##### Data for processing
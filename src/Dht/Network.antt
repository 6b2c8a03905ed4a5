-- ===== src/Dht/Network.antt =====
-- pkg/dht/network.go: what a node answers to a message. A message runs as one step at a time `now`;
-- the outer `none` of a result is a nil pointer that is read.
pub mod Safety
pub mod Messages
pub mod Find
pub mod Store
pub mod Peers
use task_discovery_service.Prelude.{
  ℕ, Bool, true, false, ◌||◌, Option, none, some, List, [], ◌∷◌, map, Text, ◌==◌, text_eq,
  if◌then◌else◌, leb, length,
}
use task_discovery_service.Text.{codes}
use task_discovery_service.Dht.{NodeId, Node, Dht}
use task_discovery_service.Dht.Ring.{add_peer}
use task_discovery_service.Dht.Closest.{find_k_closest_nodes, am_i_in_k_closest}
use task_discovery_service.Dht.Storage.{store_task, lookup_task}

-- encoding/json for the payloads, over its raw messages; `none` is an error.
pub record Json : Type 1 where
  pub Raw : Type 0
  pub empty : Raw
  pub unmarshal_store : Raw → Option (Text × Text)
  pub unmarshal_find : Raw → Option Text
  pub marshal_found : Text → List Text → Raw
  pub marshal_peers : List Text → Raw
  pub marshal_closest : List Text → Raw

pub record Message (Raw : Type 0) : Type 0 where
  pub kind : Text
  pub sender : Text
  pub payload : Raw

abbrev pub node_addresses : List (Option Node) → List Text
node_addresses [] = []
node_addresses (none ∷ nodes) = node_addresses nodes
node_addresses (some node ∷ nodes) = node.address ∷ node_addresses nodes

module _ (sha256 : Text → NodeId) (k timeout : ℕ) (json : Json) where
  -- The sender becomes a peer.
  unfoldable pub add_sender : Text → ℕ → Dht → Dht
  add_sender sender now d =
      if sender == [] || sender == d.self.address then d else add_peer sha256 sender now d

  unfoldable pub in_k_closest : Text → Dht → Option Bool
  in_k_closest task d =
      if leb (length d.ring) k then some true else am_i_in_k_closest sha256 task k d

  abbrev pub reply : Text → json.Raw → Dht → Option (Message json.Raw)
  reply kind payload d = some (record { kind = kind; sender = d.self.address; payload = payload })

  unfoldable pub handle_join : Dht → Option (Message json.Raw)
  handle_join d = reply (codes "PEERLIST") (json.marshal_peers (map (λ e. e.1.address) d.peers)) d

  abbrev pub store_decided :
      Text → Text → ℕ → Dht → Option Bool → Option (Option (Message json.Raw) × Dht)
  store_decided task addr now d none = none
  store_decided task addr now d (some true) =
      some (reply (codes "OK") json.empty d, store_task task addr now d)
  store_decided task addr now d (some false) =
      let closest = node_addresses (find_k_closest_nodes sha256 task k d) in
      some (reply (codes "NOT_RESPONSIBLE") (json.marshal_closest closest) d, d)

  abbrev pub handle_store :
      Option (Text × Text) → ℕ → Dht → Option (Option (Message json.Raw) × Dht)
  handle_store none now d = some (none, d)
  handle_store (some (task, addr)) now d = store_decided task addr now d (in_k_closest task d)

  abbrev pub found_reply :
      Text → Dht → Option (List Text) → Option (Option (Message json.Raw) × Dht)
  found_reply task d none = none
  found_reply task d (some []) = some (reply (codes "NOTFOUND") json.empty d, d)
  found_reply task d (some (a ∷ as')) =
      some (reply (codes "FOUND") (json.marshal_found task (a ∷ as')) d, d)

  abbrev pub find_decided :
      (Text → List Text) → Text → ℕ → Dht → Option Bool → Option (Option (Message json.Raw) × Dht)
  find_decided query task now d none = none
  find_decided query task now d (some true) =
      found_reply task d (lookup_task sha256 k timeout query task now d)
  find_decided query task now d (some false) = some (reply (codes "NOTFOUND") json.empty d, d)

  -- `query` is what QueryPeerForTask answers for a task.
  abbrev pub handle_find :
      (Text → Text → List Text) → Option Text → ℕ → Dht → Option (Option (Message json.Raw) × Dht)
  handle_find query none now d = some (none, d)
  handle_find query (some task) now d = find_decided (query task) task now d (in_k_closest task d)

  -- The switch of handleMessage, with the sender added.
  unfoldable pub dispatch :
      (Text → Text → List Text)
      → Message json.Raw
      → ℕ
      → Dht
      → Option (Option (Message json.Raw) × Dht)
  dispatch query msg now d =
      if msg.kind == codes "PING"
      then some (reply (codes "PONG") json.empty d, d)
      else if msg.kind == codes "JOIN"
      then some (handle_join d, d)
      else if msg.kind == codes "STORE"
      then handle_store (json.unmarshal_store msg.payload) now d
      else if msg.kind == codes "FIND"
      then handle_find query (json.unmarshal_find msg.payload) now d
      else some (none, d)

  unfoldable pub handle_message :
      (Text → Text → List Text)
      → Message json.Raw
      → ℕ
      → Dht
      → Option (Option (Message json.Raw) × Dht)
  handle_message query msg now d = dispatch query msg now (add_sender msg.sender now d)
##########
Task requirements
Every record above has to appear again, word for word.

Problem solution
filename src/Dht/Network.antt
repository 6b2c8a03905ed4a5
-- ===== src/Dht/Network.antt =====
-- pkg/dht/network.go: what a node answers to a message. A message runs as one step at a time `now`;
-- the outer `none` of a result is a nil pointer that is read.
pub mod Safety
pub mod Messages
pub mod Find
pub mod Store
pub mod Peers
use task_discovery_service.Prelude.{
  ℕ, Bool, true, false, ◌||◌, Option, none, some, List, [], ◌∷◌, map, Text, ◌==◌, text_eq,
  if◌then◌else◌, leb, length,
}
use task_discovery_service.Text.{codes}
use task_discovery_service.Dht.{NodeId, Node, Dht}
use task_discovery_service.Dht.Ring.{add_peer}
use task_discovery_service.Dht.Closest.{find_k_closest_nodes, am_i_in_k_closest}
use task_discovery_service.Dht.Storage.{store_task, lookup_task}

-- encoding/json for the payloads, over its raw messages; `none` is an error.
pub record Json : Type 1 where
  pub Raw : Type 0
  pub empty : Raw
  pub unmarshal_store : Raw → Option (Text × Text)
  pub unmarshal_find : Raw → Option Text
  pub marshal_found : Text → List Text → Raw
  pub marshal_peers : List Text → Raw
  pub marshal_closest : List Text → Raw

pub record Message (Raw : Type 0) : Type 0 where
  pub kind : Text
  pub sender : Text
  pub payload : Raw

abbrev pub node_addresses : List (Option Node) → List Text
node_addresses [] = []
node_addresses (none ∷ nodes) = node_addresses nodes
node_addresses (some node ∷ nodes) = node.address ∷ node_addresses nodes

module _ (sha256 : Text → NodeId) (k timeout : ℕ) (json : Json) where
  -- The sender becomes a peer.
  unfoldable pub add_sender : Text → ℕ → Dht → Dht
  add_sender sender now d =
      if sender == [] || sender == d.self.address then d else add_peer sha256 sender now d

  unfoldable pub in_k_closest : Text → Dht → Option Bool
  in_k_closest task d =
      if leb (length d.ring) k then some true else am_i_in_k_closest sha256 task k d

  abbrev pub reply : Text → json.Raw → Dht → Option (Message json.Raw)
  reply kind payload d = some (record { kind = kind; sender = d.self.address; payload = payload })

  unfoldable pub handle_join : Dht → Option (Message json.Raw)
  handle_join d = reply (codes "PEERLIST") (json.marshal_peers (map (λ e. e.1.address) d.peers)) d

  abbrev pub store_decided :
      Text → Text → ℕ → Dht → Option Bool → Option (Option (Message json.Raw) × Dht)
  store_decided task addr now d none = none
  store_decided task addr now d (some true) =
      some (reply (codes "OK") json.empty d, store_task task addr now d)
  store_decided task addr now d (some false) =
      let closest = node_addresses (find_k_closest_nodes sha256 task k d) in
      some (reply (codes "NOT_RESPONSIBLE") (json.marshal_closest closest) d, d)

  abbrev pub handle_store :
      Option (Text × Text) → ℕ → Dht → Option (Option (Message json.Raw) × Dht)
  handle_store none now d = some (none, d)
  handle_store (some (task, addr)) now d = store_decided task addr now d (in_k_closest task d)

  abbrev pub found_reply :
      Text → Dht → Option (List Text) → Option (Option (Message json.Raw) × Dht)
  found_reply task d none = none
  found_reply task d (some []) = some (reply (codes "NOTFOUND") json.empty d, d)
  found_reply task d (some (a ∷ as')) =
      some (reply (codes "FOUND") (json.marshal_found task (a ∷ as')) d, d)

  abbrev pub find_decided :
      (Text → List Text) → Text → ℕ → Dht → Option Bool → Option (Option (Message json.Raw) × Dht)
  find_decided query task now d none = none
  find_decided query task now d (some true) =
      found_reply task d (lookup_task sha256 k timeout query task now d)
  find_decided query task now d (some false) = some (reply (codes "NOTFOUND") json.empty d, d)

  -- `query` is what QueryPeerForTask answers for a task.
  abbrev pub handle_find :
      (Text → Text → List Text) → Option Text → ℕ → Dht → Option (Option (Message json.Raw) × Dht)
  handle_find query none now d = some (none, d)
  handle_find query (some task) now d = find_decided (query task) task now d (in_k_closest task d)

  -- The switch of handleMessage, with the sender added.
  unfoldable pub dispatch :
      (Text → Text → List Text)
      → Message json.Raw
      → ℕ
      → Dht
      → Option (Option (Message json.Raw) × Dht)
  dispatch query msg now d =
      if msg.kind == codes "PING"
      then some (reply (codes "PONG") json.empty d, d)
      else if msg.kind == codes "JOIN"
      then some (handle_join d, d)
      else if msg.kind == codes "STORE"
      then handle_store (json.unmarshal_store msg.payload) now d
      else if msg.kind == codes "FIND"
      then handle_find query (json.unmarshal_find msg.payload) now d
      else some (none, d)

  unfoldable pub handle_message :
      (Text → Text → List Text)
      → Message json.Raw
      → ℕ
      → Dht
      → Option (Option (Message json.Raw) × Dht)
  handle_message query msg now d = dispatch query msg now (add_sender msg.sender now d)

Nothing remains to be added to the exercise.